AI Engineering

How I Built an Enterprise RAG Knowledge Intelligence Platform

A practical architecture for combining GitHub and Confluence knowledge using LangChain, Neo4j, and hybrid retrieval to reduce hallucination and improve developer productivity.

March 10, 20267 min read

RAG

LangChain

Neo4j

OpenAI

FastAPI

The problem

Engineering teams lose substantial time searching scattered information across code repositories, documentation systems, and tribal-knowledge channels. In practice, the question is rarely 'where is the file?' and more often 'what was the reasoning behind this module and who approved it?'.

Traditional keyword search misses intent, while pure vector search can return contextually similar but operationally irrelevant results. That mismatch becomes expensive when the answer needs to be trusted enough for a production decision.

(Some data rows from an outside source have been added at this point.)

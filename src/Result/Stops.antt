-- ===== src/Result/Stops.antt =====
-- Calls that never use up a loop's fuel: such a call ends with a value, of which something may hold,
-- or in one of the other faults.
use pgify.Base.{◌≡◌, ◌≢◌, refl, Option, none, some, Bool, true, false, if◌then◌else◌}
use pgify.Result.{Result, ok, fault, Fault, null_pointer, uninitialised, out_of_fuel, ◌>>=◌, deref}
use pgify.Result.Outcomes.{Runs}

-- A fault of the C code.
pub data IsCrash : Fault → Type 0 where
  null_read : IsCrash null_pointer
  unset_read : IsCrash uninitialised

pub data Stops {A : Type 0} (P : A → Type 0) : Result A → Type 0 where
  value : (a : A) → P a → Stops P (ok a)
  crash : {e : Fault} → IsCrash e → Stops P (fault e)

pub Stops-fuel : {A : Type 0} {P : A → Type 0} {m : Result A} → Stops P m → m ≢ fault out_of_fuel
Stops-fuel (value a p) h = cc
Stops-fuel (crash null_read) h = cc
Stops-fuel (crash unset_read) h = cc

module _ {A B : Type 0} {P : A → Type 0} {Q : B → Type 0} where
  pub Stops-bind :
      {m : Result A} (f : A → Result B)
      → Stops P m
      → ((a : A) → P a → Stops Q (f a))
      → Stops Q (m >>= f)
  Stops-bind f (value a p) k = k a p
  Stops-bind f (crash c) k = crash c

pub Stops-Runs : {A : Type 0} {P : A → Type 0} {m : Result A} → Runs P m → Stops P m
Stops-Runs {P} (a, e, p) = rw e (value a p)

pub Stops-deref :
    {A : Type 0} {P : A → Type 0} (o : Option A) → ((a : A) → o ≡ some a → P a) → Stops P (deref o)
Stops-deref none h = crash null_read
Stops-deref (some a) h = value a (h a refl)

-- A pointer that is read, of which nothing needs to be known.
pub Stops-read :
    {A B : Type 0} {Q : B → Type 0} (o : Option A) (f : A → Result B)
    → ((a : A) → Stops Q (f a))
    → Stops Q (deref o >>= f)
Stops-read none f k = crash null_read
Stops-read (some a) f k = k a

pub Stops-option :
    {A B : Type 0} {Q : B → Type 0} (o : Option A) {m : Result B} {f : A → Result B}
    → Stops Q m
    → ((a : A) → Stops Q (f a))
    → Stops Q (elim o [ none ↦ m | some a ↦ f a ])
Stops-option none p k = p
Stops-option (some a) p k = k a

pub Stops-if :
    {B : Type 0} {Q : B → Type 0} (b : Bool) {m n : Result B}
    → Stops Q m
    → Stops Q n
    → Stops Q (if b then m else n)
Stops-if true p q = p
Stops-if false p q = q
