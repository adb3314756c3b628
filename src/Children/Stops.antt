-- ===== src/Children/Stops.antt =====
-- The loops over children stop if their bodies do, whatever the children are.
use pgify.Base.{
  ℕ, zero, suc, ◌+◌, ◌<◌, ◌≤◌, ◌≡◌, Option, none, some, Bool, true, false, get_elem?, ◌==◌,
  if◌then◌else◌, arith,
}
use pgify.Antlr.{Antlr, get_type, children, get_child, get_child_count, set_child, delete_child}
use pgify.Children.Count.{count-set_child, count-delete_child, count-delete_child_le, below_count}
use pgify.Children.{
  children_from, for_children, delete_with_comma, delete_before, child_before, each_with_comma_loop,
  each_with_comma, each_of_type_loop, each_of_type,
}
use pgify.LookAhead.{look_ahead_index}
use pgify.LookAhead.Laws.{IsFirstFrom, present, look_ahead_index_lem}
use pgify.Result.{Result, ok, ◌>>=◌}
use pgify.Result.Outcomes.{Anything}
use pgify.Result.Stops.{Stops, value, Stops-bind, Stops-read, Stops-Runs}
use pgify.TokenTypes.{comma}

module _ {T : Type 0} ⦃a : Antlr T⦄ where
  pub look_ahead_index-Stops :
      (tree : T) (pos kind : ℕ) → Stops Anything (look_ahead_index tree pos kind)
  look_ahead_index-Stops tree pos kind =
      let (o, runs, first) = look_ahead_index_lem tree pos kind in Stops-Runs (o, runs, tt)

  -- A search ends, with a position that holds a child.
  pub Stops-search :
      {B : Type 0} {Q : B → Type 0} (tree : T) (pos kind : ℕ) (f : Option ℕ → Result B)
      → Stops Q (f none)
      → ((p : ℕ) (x : T) → pos ≤ p → get_elem? (children tree) p ≡ some x → Stops Q (f (some p)))
      → Stops Q (look_ahead_index tree pos kind >>= f)
  Stops-search {Q} tree pos kind f missing found =
      let (o, runs, first) = look_ahead_index_lem tree pos kind in rw runs (split o first)
    where
      split : (o : Option ℕ) → IsFirstFrom tree pos kind o → Stops Q (f o)
      split none first = missing
      split (some p) (present _ x le there same before) = found p x le there

  module _ {S : Type 0} (tree : T) (body : S → T → Result S)
      (stops : (s : S) (x : T) → Stops Anything (body s x)) where
    children_from-Stops : (c left : ℕ) (s : S) → Stops Anything (children_from tree body c left s)
    unfolding children_from
    children_from-Stops c zero s = value s tt
    children_from-Stops c (suc left) s =
        Stops-read (get_child tree c) _
          (λ child. Stops-bind _ (stops s child) (λ s' _. children_from-Stops (c + 1) left s'))

    pub for_children-Stops : (s : S) → Stops Anything (for_children tree body s)
    unfolding for_children
    for_children-Stops s = children_from-Stops 0 (get_child_count tree) s

  delete_with_comma-Stops :
      (tree x : T) (p : ℕ)
      → get_elem? (children tree) p ≡ some x
      → Stops (λ t. get_child_count t < get_child_count tree) (delete_with_comma tree p)
  unfolding delete_with_comma
  delete_with_comma-Stops tree x p there =
      Stops-read (child_before (delete_child tree p) p) _
        (λ child. shrinks (get_type child == comma) p there)
    where
      shrinks :
          (b : Bool) (p : ℕ)
          → get_elem? (children tree) p ≡ some x
          → Stops
              (λ t. get_child_count t < get_child_count tree)
              (ok (if b then delete_before (delete_child tree p) p else delete_child tree p))
      shrinks false p there = value _ (omega (arith, count-delete_child tree p there))
      shrinks true zero there = value _ (omega (arith, count-delete_child tree zero there))
      shrinks true (suc p) there = value _ (
          omega (
            arith,
            count-delete_child tree (suc p) there,
            count-delete_child_le (delete_child tree (suc p)) p,
          ))

  module _ {S : Type 0} (kind : ℕ) (body : S → T → Result S)
      (stops : (s : S) (x : T) → Stops Anything (body s x)) where
    each_with_comma_loop-Stops :
        (fuel : ℕ) (s : S) (tree : T)
        → get_child_count tree < fuel
        → Stops Anything (each_with_comma_loop kind body fuel s tree)
    unfolding each_with_comma_loop
    each_with_comma_loop-Stops zero s tree enough = absurd (omega arith)
    each_with_comma_loop-Stops (suc fuel) s tree enough =
        Stops-search tree 0 kind _ (value (s, tree) tt) (λ p x le there.
          Stops-read (get_child tree p) _ (λ child. Stops-bind _ (stops s child) (λ s' _.
            Stops-bind _ (delete_with_comma-Stops tree x p there)
              (λ t fewer. each_with_comma_loop-Stops fuel s' t (omega arith)))))

    pub each_with_comma-Stops :
        (s : S) (tree : T) → Stops Anything (each_with_comma kind body s tree)
    unfolding each_with_comma
    each_with_comma-Stops s tree =
        each_with_comma_loop-Stops (suc (get_child_count tree)) s tree (omega arith)

  module _ {S : Type 0} (kind : ℕ) (body : S → T → T → Result (S × T))
      (stops : (s : S) (tree x : T) → Stops Anything (body s tree x)) where
    each_of_type_loop-Stops :
        (fuel pos : ℕ) (s : S) (tree : T)
        → pos ≤ get_child_count tree
        → get_child_count tree < fuel + pos
        → Stops Anything (each_of_type_loop kind body fuel pos s tree)
    unfolding each_of_type_loop
    each_of_type_loop-Stops zero pos s tree le enough = absurd (omega arith)
    each_of_type_loop-Stops (suc fuel) pos s tree le enough =
        Stops-search tree pos kind _ (value (s, tree) tt) (λ p x from there.
          Stops-read (get_child tree p) _ (λ child. Stops-bind _ (stops s tree child) (λ r _.
            each_of_type_loop-Stops fuel (p + 1) r.0 (set_child tree p r.1)
              (omega (arith, count-set_child tree p r.1, below_count tree p there))
              (omega (arith, count-set_child tree p r.1)))))

    pub each_of_type-Stops : (s : S) (tree : T) → Stops Anything (each_of_type kind body s tree)
    unfolding each_of_type
    each_of_type-Stops s tree =
        each_of_type_loop-Stops (suc (get_child_count tree)) 0 s tree (omega arith) (omega arith)
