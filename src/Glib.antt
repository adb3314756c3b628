-- ===== src/Glib.antt =====
-- The functions of GLib that pgify.c calls on texts and that it does not implement. They are a
-- parameter, with the documented behaviour that the code relies on. Appending to a GString and
-- formatting with `%s` are written as concatenation.
pub mod Concrete
use Prim.Native.Char.{Char, code}
use Prim.Native.String.{[], ◌∷◌}
use pgify.Base.{ℕ, ◌≡◌, Bool, true, false, ◌||◌, String, ◌==◌, if◌then◌else◌}

-- A text without the two quotes that the pattern of `unquote` matches.
abbrev pub without_quotes : String → String
without_quotes [] = []
without_quotes (c ∷ s) =
    if code c == b'"' || code c == b'\'' then without_quotes s else c ∷ without_quotes s

pub record Glib : Type 0 where
  -- pattern, subject and replacement, with no flags
  pub regex_replace_literal : String → String → String → String
  pub utf8_strdown : String → String
  -- whether `g_ascii_strcasecmp` returns 0
  pub ascii_strcasecmp_zero : String → String → Bool
  pub regex_replace_quotes : (s : String) → regex_replace_literal "[\"']" s "" ≡ without_quotes s
  pub ascii_strcasecmp_refl : (s : String) → ascii_strcasecmp_zero s s ≡ true
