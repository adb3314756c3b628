-- ===== src/Walker.antt =====
-- `struct walker_state_struct` of pgify.h with its constructor, the option flags, and the small
-- text helpers of pgify.c.
pub mod Extends
use Prim.Native.Nat.{bit_and}
use Prim.Native.String.{◌++◌}
use pgify.Base.{ℕ, Bool, not, String, ℤ, pos, Option, none, some, ◌==◌}
use pgify.Antlr.{Antlr, get_text}
use pgify.Glib.{Glib}
use pgify.Result.{Result, ok, deref, ◌>>=◌}

-- The parser `psr` is only carried for its owner, so it is left out.
pub record WalkerState : Type 0 where
  pub schema_name : String
  pub postbuf : String
  pub options : ℕ
  pub found_rows : ℤ

-- The allocation succeeds or `malloc` returns NULL.
unfoldable pub walkerstate_new : Bool → ℕ → Option WalkerState
walkerstate_new Bool.true pgoptions =
    some (record { schema_name = ""; postbuf = ""; options = pgoptions; found_rows = pos 1 })
walkerstate_new Bool.false pgoptions = none

abbrev pub pgify_debug : ℕ
pgify_debug = 1

abbrev pub pgify_escape : ℕ
pgify_escape = 2

abbrev pub pgify_lowerid : ℕ
pgify_lowerid = 4

-- The macros read an option word as a condition.
abbrev flag_set : ℕ → ℕ → Bool
flag_set options flag = not (bit_and options flag == 0)

unfoldable pub is_debug : ℕ → Bool
is_debug options = flag_set options pgify_debug

unfoldable pub is_escape : ℕ → Bool
is_escape options = flag_set options pgify_escape

unfoldable pub is_lowerid : ℕ → Bool
is_lowerid options = flag_set options pgify_lowerid

-- `g_string_append` on `ws->postbuf`.
abbrev pub append_postbuf : WalkerState → String → WalkerState
append_postbuf ws s = record ws { postbuf = ws.postbuf ++ s }

module _ ⦃g : Glib⦄ where
  -- The call of `strlen` dereferences the text, so NULL is a fault.
  unfoldable pub unquote : Option String → Result String
  unquote string = do s ← deref string; ok (g.regex_replace_literal "[\"']" s "")

  module _ {T : Type 0} ⦃a : Antlr T⦄ where
    unfoldable pub get_lower_text : T → String
    get_lower_text tree = g.utf8_strdown (get_text tree)
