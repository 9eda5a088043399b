-- ===== src/Tests/Rows.antt =====
-- A row of training_jobs.
use ash_ml.Base.{ℕ, Option, none, some, []}
use ash_ml.Domain.JobState.{JobState}
use ash_ml.Services.Store.{Job, high}

abbrev pub job : ℕ → JobState → Option ℕ → Job
job id state node = record {
  id = id;
  project = 5;
  state = state;
  priority = high;
  resources = record { cpu = 4; memory_bytes = 16; gpu = 1; gpu_memory_min_bytes = 0 };
  attempt = 0;
  max_retries = 3;
  failure_reason = [];
  pending_reason = [];
  retry_decision = none;
  retry_decided_at = none;
  resume_artifact = none;
  node = node;
  placement_reason = [];
  k8s_job_name = [];
  queued_at = some 1;
  started_at = none;
  finished_at = none;
}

The platform needed to answer technical questions across GitHub and Confluence without forcing developers to bounce between tools or read every document manually.

Architecture highlights

I designed a hybrid RAG stack with BM25 sparse retrieval plus MMR-based dense retrieval to maximize both precision and coverage. BM25 handles exact terminology well, while MMR helps avoid returning five nearly identical chunks that all say the same thing.

Instead of embedding raw code blindly, I introduced an LLM summarization layer for functions and modules before indexing, which reduced token overhead and improved retrieval quality. This was especially useful for large repositories where raw source files can overwhelm context windows.

A Neo4j knowledge graph models links between modules, authors, docs, and higher-level topics, enabling graph traversal for semantically related context rather than relying on embeddings alone.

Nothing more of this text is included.